Please print the data shown below without any alteration.
SOURCE DATA Start Marker
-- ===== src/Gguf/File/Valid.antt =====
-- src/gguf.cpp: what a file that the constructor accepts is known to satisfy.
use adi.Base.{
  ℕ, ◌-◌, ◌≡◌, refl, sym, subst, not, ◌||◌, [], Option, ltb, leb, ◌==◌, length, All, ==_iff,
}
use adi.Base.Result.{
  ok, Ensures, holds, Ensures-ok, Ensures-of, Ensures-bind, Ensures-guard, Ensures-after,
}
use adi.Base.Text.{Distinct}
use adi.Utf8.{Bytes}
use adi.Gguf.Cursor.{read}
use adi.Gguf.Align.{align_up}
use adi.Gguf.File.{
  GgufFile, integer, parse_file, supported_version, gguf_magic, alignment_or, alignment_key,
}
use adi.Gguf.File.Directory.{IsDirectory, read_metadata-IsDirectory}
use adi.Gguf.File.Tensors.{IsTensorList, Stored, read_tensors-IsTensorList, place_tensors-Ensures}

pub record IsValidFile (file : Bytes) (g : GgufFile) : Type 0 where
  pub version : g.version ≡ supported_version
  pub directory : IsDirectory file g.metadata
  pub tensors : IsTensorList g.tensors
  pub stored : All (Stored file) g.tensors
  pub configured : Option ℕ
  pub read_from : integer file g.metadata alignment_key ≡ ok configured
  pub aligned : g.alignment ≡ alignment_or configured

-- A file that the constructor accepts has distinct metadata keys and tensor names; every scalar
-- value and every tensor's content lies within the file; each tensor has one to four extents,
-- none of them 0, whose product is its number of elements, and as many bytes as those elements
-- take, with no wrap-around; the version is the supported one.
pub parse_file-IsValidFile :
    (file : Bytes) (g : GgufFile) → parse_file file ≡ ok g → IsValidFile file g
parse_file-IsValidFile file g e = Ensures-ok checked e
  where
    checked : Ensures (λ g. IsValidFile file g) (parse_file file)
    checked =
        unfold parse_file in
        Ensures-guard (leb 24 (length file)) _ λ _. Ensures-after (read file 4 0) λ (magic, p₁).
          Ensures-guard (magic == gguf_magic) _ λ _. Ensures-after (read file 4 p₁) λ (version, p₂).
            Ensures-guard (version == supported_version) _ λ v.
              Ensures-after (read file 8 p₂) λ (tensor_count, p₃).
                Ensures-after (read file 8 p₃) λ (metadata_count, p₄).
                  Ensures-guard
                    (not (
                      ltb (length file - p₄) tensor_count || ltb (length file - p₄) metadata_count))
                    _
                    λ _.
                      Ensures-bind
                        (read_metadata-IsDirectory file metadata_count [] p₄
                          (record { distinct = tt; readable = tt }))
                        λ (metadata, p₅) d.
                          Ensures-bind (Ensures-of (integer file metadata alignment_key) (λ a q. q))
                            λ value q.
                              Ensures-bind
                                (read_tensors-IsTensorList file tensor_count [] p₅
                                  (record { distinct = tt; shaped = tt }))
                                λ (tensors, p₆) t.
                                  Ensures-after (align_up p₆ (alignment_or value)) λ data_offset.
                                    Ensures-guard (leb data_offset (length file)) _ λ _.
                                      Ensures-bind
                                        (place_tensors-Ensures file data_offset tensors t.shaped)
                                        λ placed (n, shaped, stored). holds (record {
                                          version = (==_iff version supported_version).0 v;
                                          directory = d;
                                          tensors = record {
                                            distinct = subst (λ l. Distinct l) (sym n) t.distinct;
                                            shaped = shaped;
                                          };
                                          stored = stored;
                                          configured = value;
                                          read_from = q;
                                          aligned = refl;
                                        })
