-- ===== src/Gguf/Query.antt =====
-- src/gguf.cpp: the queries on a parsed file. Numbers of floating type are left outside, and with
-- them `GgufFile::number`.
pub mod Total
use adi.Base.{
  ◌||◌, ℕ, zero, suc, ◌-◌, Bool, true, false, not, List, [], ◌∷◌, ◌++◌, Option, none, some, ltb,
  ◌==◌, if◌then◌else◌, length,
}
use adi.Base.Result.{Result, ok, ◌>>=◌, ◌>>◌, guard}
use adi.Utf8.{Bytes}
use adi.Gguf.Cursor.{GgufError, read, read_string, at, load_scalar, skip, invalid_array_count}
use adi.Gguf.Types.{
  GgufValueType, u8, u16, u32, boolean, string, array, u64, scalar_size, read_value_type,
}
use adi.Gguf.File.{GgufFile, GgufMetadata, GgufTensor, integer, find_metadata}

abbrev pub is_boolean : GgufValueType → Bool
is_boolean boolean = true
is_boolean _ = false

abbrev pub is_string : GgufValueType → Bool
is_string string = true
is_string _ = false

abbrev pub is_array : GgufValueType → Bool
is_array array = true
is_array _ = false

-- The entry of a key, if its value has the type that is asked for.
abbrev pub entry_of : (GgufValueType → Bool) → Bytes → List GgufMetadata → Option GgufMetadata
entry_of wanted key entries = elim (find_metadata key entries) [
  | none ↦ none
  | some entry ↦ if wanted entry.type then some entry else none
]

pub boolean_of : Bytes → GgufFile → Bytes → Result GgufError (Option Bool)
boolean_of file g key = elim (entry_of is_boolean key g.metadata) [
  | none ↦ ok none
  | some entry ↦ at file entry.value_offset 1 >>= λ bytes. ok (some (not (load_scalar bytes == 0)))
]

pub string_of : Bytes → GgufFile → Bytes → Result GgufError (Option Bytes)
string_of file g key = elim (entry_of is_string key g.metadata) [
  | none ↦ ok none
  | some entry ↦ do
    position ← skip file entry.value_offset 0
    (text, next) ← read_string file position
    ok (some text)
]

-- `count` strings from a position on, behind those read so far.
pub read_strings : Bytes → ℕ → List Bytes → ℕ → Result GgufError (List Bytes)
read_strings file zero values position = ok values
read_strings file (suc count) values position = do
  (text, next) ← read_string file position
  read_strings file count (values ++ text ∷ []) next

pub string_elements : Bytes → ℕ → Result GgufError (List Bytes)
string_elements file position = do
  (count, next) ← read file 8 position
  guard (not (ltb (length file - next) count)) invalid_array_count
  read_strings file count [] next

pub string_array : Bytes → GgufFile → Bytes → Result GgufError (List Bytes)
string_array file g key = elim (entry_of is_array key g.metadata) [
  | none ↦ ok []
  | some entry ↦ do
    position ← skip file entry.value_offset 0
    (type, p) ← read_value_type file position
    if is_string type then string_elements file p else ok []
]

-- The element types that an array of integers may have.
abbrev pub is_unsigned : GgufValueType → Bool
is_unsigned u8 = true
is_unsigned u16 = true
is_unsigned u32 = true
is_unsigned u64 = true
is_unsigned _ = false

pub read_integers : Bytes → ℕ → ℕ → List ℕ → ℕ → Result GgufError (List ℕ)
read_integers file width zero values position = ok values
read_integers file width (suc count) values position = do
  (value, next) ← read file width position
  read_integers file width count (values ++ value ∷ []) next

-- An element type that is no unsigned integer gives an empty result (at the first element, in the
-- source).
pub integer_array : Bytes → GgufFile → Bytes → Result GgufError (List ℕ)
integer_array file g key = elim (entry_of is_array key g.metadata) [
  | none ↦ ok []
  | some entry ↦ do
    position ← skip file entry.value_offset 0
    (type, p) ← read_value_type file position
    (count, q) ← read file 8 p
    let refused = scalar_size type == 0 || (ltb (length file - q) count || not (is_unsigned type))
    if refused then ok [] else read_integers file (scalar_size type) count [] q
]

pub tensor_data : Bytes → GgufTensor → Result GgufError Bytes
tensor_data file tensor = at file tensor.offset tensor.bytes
SOURCE DATA End Marker
• **COMPLETED EXERCISE**:
-- ===== src/Gguf/File/Valid.antt =====
-- src/gguf.cpp: what a file that the constructor accepts is known to satisfy.
use adi.Base.{
  ℕ, ◌-◌, ◌≡◌, refl, sym, subst, not, ◌||◌, [], Option, ltb, leb, ◌==◌, length, All, ==_iff,
}
use adi.Base.Result.{
  ok, Ensures, holds, Ensures-ok, Ensures-of, Ensures-bind, Ensures-guard, Ensures-after,
}
use adi.Base.Text.{Distinct}
use adi.Utf8.{Bytes}
use adi.Gguf.Cursor.{read}
use adi.Gguf.Align.{align_up}
use adi.Gguf.File.{
  GgufFile, integer, parse_file, supported_version, gguf_magic, alignment_or, alignment_key,
}
use adi.Gguf.File.Directory.{IsDirectory, read_metadata-IsDirectory}
use adi.Gguf.File.Tensors.{IsTensorList, Stored, read_tensors-IsTensorList, place_tensors-Ensures}

pub record IsValidFile (file : Bytes) (g : GgufFile) : Type 0 where
  pub version : g.version ≡ supported_version
  pub directory : IsDirectory file g.metadata
  pub tensors : IsTensorList g.tensors
  pub stored : All (Stored file) g.tensors
  pub configured : Option ℕ
  pub read_from : integer file g.metadata alignment_key ≡ ok configured
  pub aligned : g.alignment ≡ alignment_or configured

-- A file that the constructor accepts has distinct metadata keys and tensor names; every scalar
-- value and every tensor's content lies within the file; each tensor has one to four extents,
-- none of them 0, whose product is its number of elements, and as many bytes as those elements
-- take, with no wrap-around; the version is the supported one.
pub parse_file-IsValidFile :
    (file : Bytes) (g : GgufFile) → parse_file file ≡ ok g → IsValidFile file g
parse_file-IsValidFile file g e = Ensures-ok checked e
  where
    checked : Ensures (λ g. IsValidFile file g) (parse_file file)
    checked =
        unfold parse_file in
        Ensures-guard (leb 24 (length file)) _ λ _. Ensures-after (read file 4 0) λ (magic, p₁).
          Ensures-guard (magic == gguf_magic) _ λ _. Ensures-after (read file 4 p₁) λ (version, p₂).
            Ensures-guard (version == supported_version) _ λ v.
              Ensures-after (read file 8 p₂) λ (tensor_count, p₃).
                Ensures-after (read file 8 p₃) λ (metadata_count, p₄).
                  Ensures-guard
                    (not (
                      ltb (length file - p₄) tensor_count || ltb (length file - p₄) metadata_count))
                    _
                    λ _.
                      Ensures-bind
                        (read_metadata-IsDirectory file metadata_count [] p₄
                          (record { distinct = tt; readable = tt }))
                        λ (metadata, p₅) d.
                          Ensures-bind (Ensures-of (integer file metadata alignment_key) (λ a q. q))
                            λ value q.
                              Ensures-bind
                                (read_tensors-IsTensorList file tensor_count [] p₅
                                  (record { distinct = tt; shaped = tt }))
                                λ (tensors, p₆) t.
                                  Ensures-after (align_up p₆ (alignment_or value)) λ data_offset.
                                    Ensures-guard (leb data_offset (length file)) _ λ _.
                                      Ensures-bind
                                        (place_tensors-Ensures file data_offset tensors t.shaped)
                                        λ placed (n, shaped, stored). holds (record {
                                          version = (==_iff version supported_version).0 v;
                                          directory = d;
                                          tensors = record {
                                            distinct = subst (λ l. Distinct l) (sym n) t.distinct;
                                            shaped = shaped;
                                          };
                                          stored = stored;
                                          configured = value;
                                          read_from = q;
                                          aligned = refl;
                                        })
-- ===== src/Gguf/Query.antt =====
-- src/gguf.cpp: the queries on a parsed file. Numbers of floating type are left outside, and with
-- them `GgufFile::number`.
pub mod Total
use adi.Base.{
  ◌||◌, ℕ, zero, suc, ◌-◌, Bool, true, false, not, List, [], ◌∷◌, ◌++◌, Option, none, some, ltb,
  ◌==◌, if◌then◌else◌, length,
}
use adi.Base.Result.{Result, ok, ◌>>=◌, ◌>>◌, guard}
use adi.Utf8.{Bytes}
use adi.Gguf.Cursor.{GgufError, read, read_string, at, load_scalar, skip, invalid_array_count}
use adi.Gguf.Types.{
  GgufValueType, u8, u16, u32, boolean, string, array, u64, scalar_size, read_value_type,
}
use adi.Gguf.File.{GgufFile, GgufMetadata, GgufTensor, integer, find_metadata}

abbrev pub is_boolean : GgufValueType → Bool
is_boolean boolean = true
is_boolean _ = false

abbrev pub is_string : GgufValueType → Bool
is_string string = true
is_string _ = false

abbrev pub is_array : GgufValueType → Bool
is_array array = true
is_array _ = false

-- The entry of a key, if its value has the type that is asked for.
abbrev pub entry_of : (GgufValueType → Bool) → Bytes → List GgufMetadata → Option GgufMetadata
entry_of wanted key entries = elim (find_metadata key entries) [
  | none ↦ none
  | some entry ↦ if wanted entry.type then some entry else none
]

pub boolean_of : Bytes → GgufFile → Bytes → Result GgufError (Option Bool)
boolean_of file g key = elim (entry_of is_boolean key g.metadata) [
  | none ↦ ok none
  | some entry ↦ at file entry.value_offset 1 >>= λ bytes. ok (some (not (load_scalar bytes == 0)))
]

pub string_of : Bytes → GgufFile → Bytes → Result GgufError (Option Bytes)
string_of file g key = elim (entry_of is_string key g.metadata) [
  | none ↦ ok none
  | some entry ↦ do
    position ← skip file entry.value_offset 0
    (text, next) ← read_string file position
    ok (some text)
]

-- `count` strings from a position on, behind those read so far.
pub read_strings : Bytes → ℕ → List Bytes → ℕ → Result GgufError (List Bytes)
read_strings file zero values position = ok values
read_strings file (suc count) values position = do
  (text, next) ← read_string file position
  read_strings file count (values ++ text ∷ []) next

pub string_elements : Bytes → ℕ → Result GgufError (List Bytes)
string_elements file position = do
  (count, next) ← read file 8 position
  guard (not (ltb (length file - next) count)) invalid_array_count
  read_strings file count [] next

pub string_array : Bytes → GgufFile → Bytes → Result GgufError (List Bytes)
string_array file g key = elim (entry_of is_array key g.metadata) [
  | none ↦ ok []
  | some entry ↦ do
    position ← skip file entry.value_offset 0
    (type, p) ← read_value_type file position
    if is_string type then string_elements file p else ok []
]

-- The element types that an array of integers may have.
abbrev pub is_unsigned : GgufValueType → Bool
is_unsigned u8 = true
is_unsigned u16 = true
is_unsigned u32 = true
is_unsigned u64 = true
is_unsigned _ = false

pub read_integers : Bytes → ℕ → ℕ → List ℕ → ℕ → Result GgufError (List ℕ)
read_integers file width zero values position = ok values
read_integers file width (suc count) values position = do
  (value, next) ← read file width position
  read_integers file width count (values ++ value ∷ []) next

-- An element type that is no unsigned integer gives an empty result (at the first element, in the
-- source).
pub integer_array : Bytes → GgufFile → Bytes → Result GgufError (List ℕ)
integer_array file g key = elim (entry_of is_array key g.metadata) [
  | none ↦ ok []
  | some entry ↦ do
    position ← skip file entry.value_offset 0
    (type, p) ← read_value_type file position
    (count, q) ← read file 8 p
    let refused = scalar_size type == 0 || (ltb (length file - q) count || not (is_unsigned type))
    if refused then ok [] else read_integers file (scalar_size type) count [] q
]

pub tensor_data : Bytes → GgufTensor → Result GgufError Bytes
tensor_data file tensor = at file tensor.offset tensor.bytes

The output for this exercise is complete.